Push for commemoration of pagan Brigid ‘bad history’

Push for commemoration of pagan Brigid ‘bad history’

The current trend pushing for a public holiday commemorating St Brigid as a ‘celtic goddess’ is “disingenuous” and “reflects people’s ignorance of history”, a prominent Church historian has said.

Recent trends, including a campaign to make St Brigid’s day Ireland’s new public holiday, have emphasised the Celtic, pre-Christian goddess Bríg, rather than the “genuine, historical female saint”, Professor Alexander O’Hara of Trinity College Dublin’s Loyola Institute said.

Danger

Speaking to The Irish Catholic newspaper, Prof. O’Hara said that “there’s a danger of this kind of false understanding of the past, that pagan/Celtic Ireland was somehow purer,” than Christian Ireland, and that this is just “bad history”.

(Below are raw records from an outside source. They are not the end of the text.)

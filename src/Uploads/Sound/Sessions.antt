-- ===== src/Uploads/Sound/Sessions.antt =====
-- Sessions that are created, completed, aborted, refreshed or expired stay sound.
use pyupload_x.Base.{
  ℕ, ◌+◌, ◌<◌, ◌≡◌, refl, inl, inr, false, not, some, List, [], ◌∷◌, ◌++◌, arith, ltb, ◌==◌,
  Bool-cases, any, All, All-append, Text,
}
use pyupload_x.Errors.{
  ok, upload_not_found, upload_state_conflict, upload_expired, refresh_disabled,
}
use pyupload_x.Lifecycle.Mode.{seconds}
use pyupload_x.Db.{Db}
use pyupload_x.Db.Rows.{UploadMode, UploadSession, UploadPart, FileObject}
use pyupload_x.Db.Uploads.{get_upload}
use pyupload_x.Db.Files.{add_file}
use pyupload_x.Request.Settings.{get_session_expiry}
use pyupload_x.Request.{World, Identity, App}
use pyupload_x.Uploads.Plan.{NewUpload, plan}
use pyupload_x.Uploads.Create.{initiate, add_upload, create_session, is_presigned, add_seconds}
use pyupload_x.Uploads.Parts.{get_session}
use pyupload_x.Uploads.Complete
use pyupload_x.Uploads.Complete.Checks.{ended_error}
use pyupload_x.Uploads.Finish
use pyupload_x.Uploads.Sound.{IsSound, IsPartOf, AreDistinct}
use pyupload_x.Uploads.Sound.Known.{IsKnown, save_upload-keeps}
use pyupload_x.Uploads.Sound.Steps.{Sound, found-IsKnown}
use pyupload_x.Uploads.Sound.Outcome.{
  after-raise_when, after-raise_some, after-or_raise, after-lift, after-call, after-bind,
}

-- a key that is larger than all keys is new
AreDistinct-append :
    (u : UploadSession) (us : List UploadSession)
    → All (λ v. v.id < u.id) us
    → AreDistinct us
    → AreDistinct (us ++ u ∷ [])
AreDistinct-append u [] h k = (refl, tt)
AreDistinct-append u (v ∷ us) h k = (any-append us k.0, AreDistinct-append u us h.1 k.1)
  where
    any-append :
        (ws : List UploadSession)
        → any (λ w. w.id == v.id) ws ≡ false
        → any (λ w. w.id == v.id) (ws ++ u ∷ []) ≡ false
    any-append [] e = ground (arith, h.0)
    any-append (w ∷ ws) e = ground (arith, any-append ws)

-- the rows of earlier sessions are not rows of a new one
IsPartOf-fresh :
    (u : UploadSession) (ps : List UploadPart)
    → All (λ p. p.upload_id < u.id) ps
    → All (IsPartOf u) ps
IsPartOf-fresh u [] h = tt
IsPartOf-fresh u (p ∷ ps) h = (λ e. absurd (ground (arith, h.0)), IsPartOf-fresh u ps h.1)

module _ {ℓ} {A : Type ℓ} (key : A → ℕ) (n : ℕ) where
  All-later : (xs : List A) → All (λ x. key x < n) xs → All (λ x. key x < n + 1) xs
  All-later [] h = tt
  All-later (x ∷ xs) h = (omega (arith, h.0), All-later xs h.1)

add_upload-IsSound :
    (u : UploadSession) (db : Db)
    → u.id ≡ db.next_id
    → IsSound db
    → IsSound (record db { uploads = db.uploads ++ u ∷ []; next_id = db.next_id + 1 })
add_upload-IsSound u db e h = record {
  distinct = AreDistinct-append u db.uploads (rw e h.old_uploads) h.distinct;
  unique = h.unique;
  parts =
      All-append (λ v. All (IsPartOf v) db.parts) db.uploads (u ∷ []) h.parts
        (IsPartOf-fresh u db.parts (rw e h.old_parts), tt);
  old_uploads =
      All-append (λ v. v.id < db.next_id + 1) db.uploads (u ∷ [])
        (All-later (λ v. v.id) db.next_id db.uploads h.old_uploads) (omega arith, tt);
  old_parts = All-later (λ p. p.upload_id) db.next_id db.parts h.old_parts;
  old_files = All-later (λ f. f.id) db.next_id db.files h.old_files;
}

-- a file takes a fresh key
pub add_file-keeps :
    (f : FileObject) (u : UploadSession) (db : Db) {g : FileObject} {db' : Db}
    → add_file f db ≡ ok (g, db')
    → IsSound db × IsKnown u db
    → IsSound db' × IsKnown u db'
unfolding add_file
add_file-keeps f u db {g} {db'} e h =
    let row : FileObject = record f { id = db.next_id } in
    let added : db' ≡ record db { files = db.files ++ row ∷ []; next_id = db.next_id + 1 } =
      ground arith in
    rw added (
      record {
        distinct = h.0.distinct;
        unique = h.0.unique;
        parts = h.0.parts;
        old_uploads = All-later (λ v. v.id) db.next_id db.uploads h.0.old_uploads;
        old_parts = All-later (λ p. p.upload_id) db.next_id db.parts h.0.old_parts;
        old_files =
            All-append (λ v. v.id < db.next_id + 1) db.files (row ∷ [])
              (All-later (λ x. x.id) db.next_id db.files h.0.old_files) (omega arith, tt);
      },
      record { shape = h.1.shape; parts = h.1.parts; old = omega (arith, h.1.old) },
    )

module _ {S : Type 0} (app : App S) (identity : Identity) where
  initiate-Sound :
      (mode : UploadMode) (bucket key : Text) (w : World S)
      → IsSound w.db
      → IsSound (initiate app mode bucket key w).1.db
  unfolding initiate
  initiate-Sound mode bucket key w h = elim (Bool-cases (is_presigned mode)) [
    | inl e ↦ rw e (
        after-call Sound (app.storage.initiate_multipart_upload bucket key) _ w (λ _. h) (λ _ _. h))
    | inr e ↦ rw e h
  ]

  -- A session that is created, or refused, leaves the sessions sound.
  pub create_session-IsSound :
      (r : NewUpload) (w : World S) → IsSound w.db → IsSound (create_session app identity r w).1.db
  unfolding create_session add_upload
  create_session-IsSound r w h = after-lift Sound (plan app identity r w) _ w h (λ p _.
      after-bind Sound (initiate app p.mode r.bucket p.key) _ w
        (initiate-Sound p.mode r.bucket p.key w h) (λ id w' k. add_upload-IsSound _ w'.db refl k))

  pub resume-IsSound :
      (id : ℕ) (w : World S) → IsSound w.db → IsSound (Complete.resume app identity id w).1.db
  unfolding Complete.resume get_session
  resume-IsSound id w h =
      after-or_raise Sound (get_upload w.db id (some identity.tenant_id)) upload_not_found _ w h
        (λ u e.
          let known = found-IsKnown id (some identity.tenant_id) u w.db e h in
          after-raise_some Sound (ended_error u.status) _ w h (λ _.
            after-lift Sound (Complete.listed_numbers app identity u w.store) _ w h
              (λ _ _. (save_upload-keeps w.now u u w.db (refl, refl, refl) (h, known)).0)))

  pub refresh-IsSound :
      (id : ℕ) (w : World S) → IsSound w.db → IsSound (Finish.refresh app identity id w).1.db
  unfolding Finish.refresh get_session
  refresh-IsSound id w h =
      after-raise_when Sound (not app.settings.uploads.session.refresh_enabled) refresh_disabled _ w
        h
        (λ _.
          after-or_raise Sound (get_upload w.db id (some identity.tenant_id)) upload_not_found _ w h
            (λ u e.
              let known = found-IsKnown id (some identity.tenant_id) u w.db e h in
              after-raise_when Sound (Finish.is_finished u.status) upload_state_conflict _ w h (λ _.
                after-raise_when Sound
                  (ltb
                    (u.created_at + seconds app.settings.uploads.session.maximum_lifetime_seconds)
                    w.now)
                  upload_expired _ w h
                  (λ _.
                    (save_upload-keeps w.now u
                      (record u {
                        expires_at = add_seconds w.now (get_session_expiry app.settings w.db);
                        last_activity_at = w.now;
                      })
                      w.db (refl, refl, refl) (h, known)).0))))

Dr O’Hara said it was particularly reflective of ignorance of “the contribution that the Catholic Church played, not only in the development of Irish ethnic identity, but it was absolutely central to the development of the nation of Ireland”.

“The thing was that there would be no Irish nation without Christianity. It might have been a different form, but we’re talking about different tribal groups and what brings them together is this universal sense of ‘we are all members of Christ’s body’, and this kind of universal aspect to Christianity is actually what creates it,” Dr O’Hara said.

He continued that he understands why there is a push for it, but that the solely Celtic/pagan focus is “not a real engagement with actually our historical heritage and tradition”.

Despite this, Dr O’Hara said he thinks in terms of honouring St Brigid with a public holiday, “it’s a fantastic idea, both celebrating her as one of the patron saints of Ireland and also of women’s contribution to Ireland and particularly the Church in Ireland”.

“This could be a wonderful occasion to actually celebrate the contribution of women in Ireland and their role in the Catholic Church as well,” Dr O’Hara said.